2013 The Year Ahead For Businesses

Written on the 10th of February 2013

No age limit for super contributions

From 1 July 2013, the upper age limit for superannuation contributions will be abolished.   Employers will be required to contribute to the complying super funds of eligible mature age employees aged 70 and older.

Payslip reporting of super payments

From 1 July 2013, employers will need to provide additional information about superannuation contributions on an employee’s payslip.  Employers will need to report the amount and expected date of contributions they are making. 

Living away from home

If you have employees living away from home, you need to know about the changes to the Living Away From Home Allowance system.  The Government tightened the eligibility rules from 1 October 2012 for all new agreements entered into from 8 May 2012. Transitional rules can apply to arrangements entered into prior to 8 May 2012 but the full set of new rules will apply from 1 July 2014 or when the arrangement is modified (whichever comes first).

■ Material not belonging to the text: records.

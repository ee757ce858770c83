-- ===== src/Lib.antt =====
-- The control core of MyKVM: who has the keyboard and mouse, how two machines agree on a session, and
-- how the receiving machine plays input.
--
-- Parts and files.
--   Input, Ports        src-tauri/src/shared_input.rs (commands, buttons) and src-tauri/src/control_ports.rs: the
--                       platform's capture, focus and injector as records of operations over a state of
--                       their own.
--   Pressed             src-tauri/src/pressed_state.rs, the ledger of held keys and buttons: `apply`,
--                       `update_pointer`, `release_all`. Pressed/Desk is the contract, a keyboard and mouse on
--                       which a press of something down, or a release of something up, fails.
--   Protocol            src-tauri/src/protocol_v2.rs: Types (identifiers, frames, errors), Validate
--                       (`validate_*`), Codec (`encode_*`, `decode_*`), Decoder (`ControlDecoder`,
--                       `CriticalDecoder`), Gate (`InputSessionGate`), Receiver (`ReceiverHandshake`), Controller
--                       (`ControllerHandshake`), Handshake (both ends talking).
--   Routing             src-tauri/src/routing.rs: Gate (`LocalOverride`), Types, Router (`Router`).
--                       Routing/Router/Emergency has the histories: calls of the actor and requests for
--                       local control, in any order.
--   Session             src-tauri/src/session_runtime.rs: Types, Layout (`ReceiverDisplayLayout::map`), Modifiers
--                       (`remap_modifier_vk`), Runtime (state, release), Input (`handle_input_at`,
--                       `handle_motion_at`), Control (`handle_control_at`, the lease, the end of a stream,
--                       changed layouts), Histories (its calls in any order).
--   ControllerRuntime   src-tauri/src/controller_runtime.rs, `ControllerRuntime`: the state and what needs no
--                       port; Control (`begin`, `handle_control`, `advance`, `go_local`). Lockstep has the
--                       histories of its calls.
--   ControllerClient    src-tauri/src/controller_client.rs, `ControllerClient`: the state, `apply`,
--                       `fail_transport`, `poll_ping`; Calls (`begin`, `poll`, `send_input`, `send_motion`,
--                       `go_local`), Histories (its calls in any order). The transport is the record
--                       ControllerTransport; the inbox is the list of the frames that wait in it.
--   ClipboardSync       src-tauri/src/clipboard_sync.rs, `ClipboardSyncEngine`, with the operations of
--                       src-tauri/src/protocol_v2.rs; Order (which copy wins), Clock (copies made here).
--   Clipboard           what carries an operation to another machine: Frames (the bulk frames of
--                       src-tauri/src/protocol_v2.rs and the bounds of an image in src-tauri/src/clipboard.rs),
--                       Receive (`handle_v2_clipboard_operation_with_revision` of src-tauri/src/lib.rs), Wins,
--                       Kept and Winner (any sequence of deliveries), Clock (copies made here between
--                       deliveries), Delivery (one delivery), Arrival (from one machine to another).
--   Pairing             src-tauri/src/lib.rs: Identity (known controllers), Trusted (`upsert_trusted_peer`),
--                       Challenge (`begin_pairing_challenge`, `complete_pairing_from_confirm`), Checks and
--                       Histories (requests, confirmations, dismissals and resets in any order), Safety,
--                       Guesses, Refresh, Install (`quic_trusted_peers`).
--   Transport           src-tauri/src/quic_transport.rs: Motion (`MotionSlot`, `try_send`, `schedule_motion`,
--                       `flush_motion_nonblocking`), Budget (`BulkMemoryBudget`, `reserve_input_bytes`),
--                       Registry (`TrustedPeerRegistry`).
--   GameMode            src-tauri/src/game_mode.rs: `HotkeyDeduper`, `ControlActionSlot`,
--                       `dispatch_control_hotkey`.
--   Examples            concrete runs.
-- A receiver's runtime has a `ReceiverHandshake`, an `InputSessionGate` and a `PressedState`, and drives an
-- injector; the router drives a capture and a focus port and shares its gate with hooks and hotkeys. A
-- controller's runtime has a `Router` and a `ControllerHandshake`, each of which follows the other; the
-- client drives that runtime and a transport. A frame that arrives during a poll counts as arrived before
-- or after it.
--
-- How the code is read.
--   A `&mut self` method takes the state and gives the new one beside its result, also when it fails; a
--   method that changes nothing when it fails gives the new state or an error.
--   Byte arrays (`[u8; 16]`, `[u8; 32]`) are the numbers that their bytes spell; unsigned fields are numbers;
--   `i32` coordinates are integers, with the conversions that the code makes written out.
--   `checked_add` and `saturating_add` of `u64` are bounded at 2 ^ 64 - 1.
--   Time is an argument. The random nonce is an argument, `none` where no randomness is available.
--   `LocalOverride` is one number. Between a router's call of a port and the use of its result other
--   threads may ask for local control any number of times; the port says how often.
--   The loop of a decoder runs on fuel, one round for each byte of the chunk: every round takes a byte at
--   least, which is enough of them. Every other loop is over a list.
--   Threads that share memory (Transport/Motion, Transport/Budget) are programs with a place where each
--   stands; every access to a shared atomic, lock or channel is one step, and a history is any sequence
--   of their steps. No thread panics while it holds a lock. The calls of pairing and the deliveries of
--   the clipboard run one at a time, as their locks have it.
--   A history of pairing has its newest event first. Beside the state of a system's clipboard,
--   Clipboard/Kept notes the contents whose write succeeded, the newest first.
--   Methods that may fail half way are in Base/Methods: the state goes through, also past an error.
--
-- Parameters: the serializer of frames (rmp_serde), of which the round trips ask that it reads back what
-- it wrote; the digest of a text (SHA-256 of ring), the decoder of base64 and the system's clipboard, of
-- which nothing is asked.
--
-- Not modelled: the hash that names a layout revision, the connections of the QUIC transport, discovery,
-- the transfer of files, and what only calls the operating system, the network or the user
-- interface.
pub mod Base
pub mod Clipboard
pub mod ClipboardSync
pub mod ControllerClient
pub mod ControllerRuntime
pub mod Examples
pub mod GameMode
pub mod Input
pub mod Pairing
pub mod Ports
pub mod Pressed
pub mod Protocol
pub mod Routing
pub mod Session
pub mod Transport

Basically, the new rules limit the concession to 12 months in a particular work location (except for fly in fly out employees), require temporary residents and non-residents to maintain a home in Australia, and receipts to be kept for all expenses.

In-house fringe benefit changes

The concessional fringe benefit tax treatment of in-house fringe benefits provided by employers under salary sacrifice arrangements was abolished from 22 October 2012 (transitional rules apply until 1 April 2014 for existing agreements).    This change will particularly affect retailers providing discounted goods such as clothing, and organisations such as private schools that provide discounted education for children of employees.

Previously, in-house property and residual benefits were eligible for a 25% reduction in the taxable value.   While this change occurred in 2012, we are likely to see the full effect in 2013 and beyond.

Building and construction industry reporting

A new reporting regime came into effect on 1 July 2012 requiring businesses in the building and construction industry to report payments to contractors.  The first of these reports is due on 21 July 2013.  Businesses affected by the reporting regime need to report the contractor’s ABN, name, address, gross amount paid for the financial year, and total GST included in the gross amount.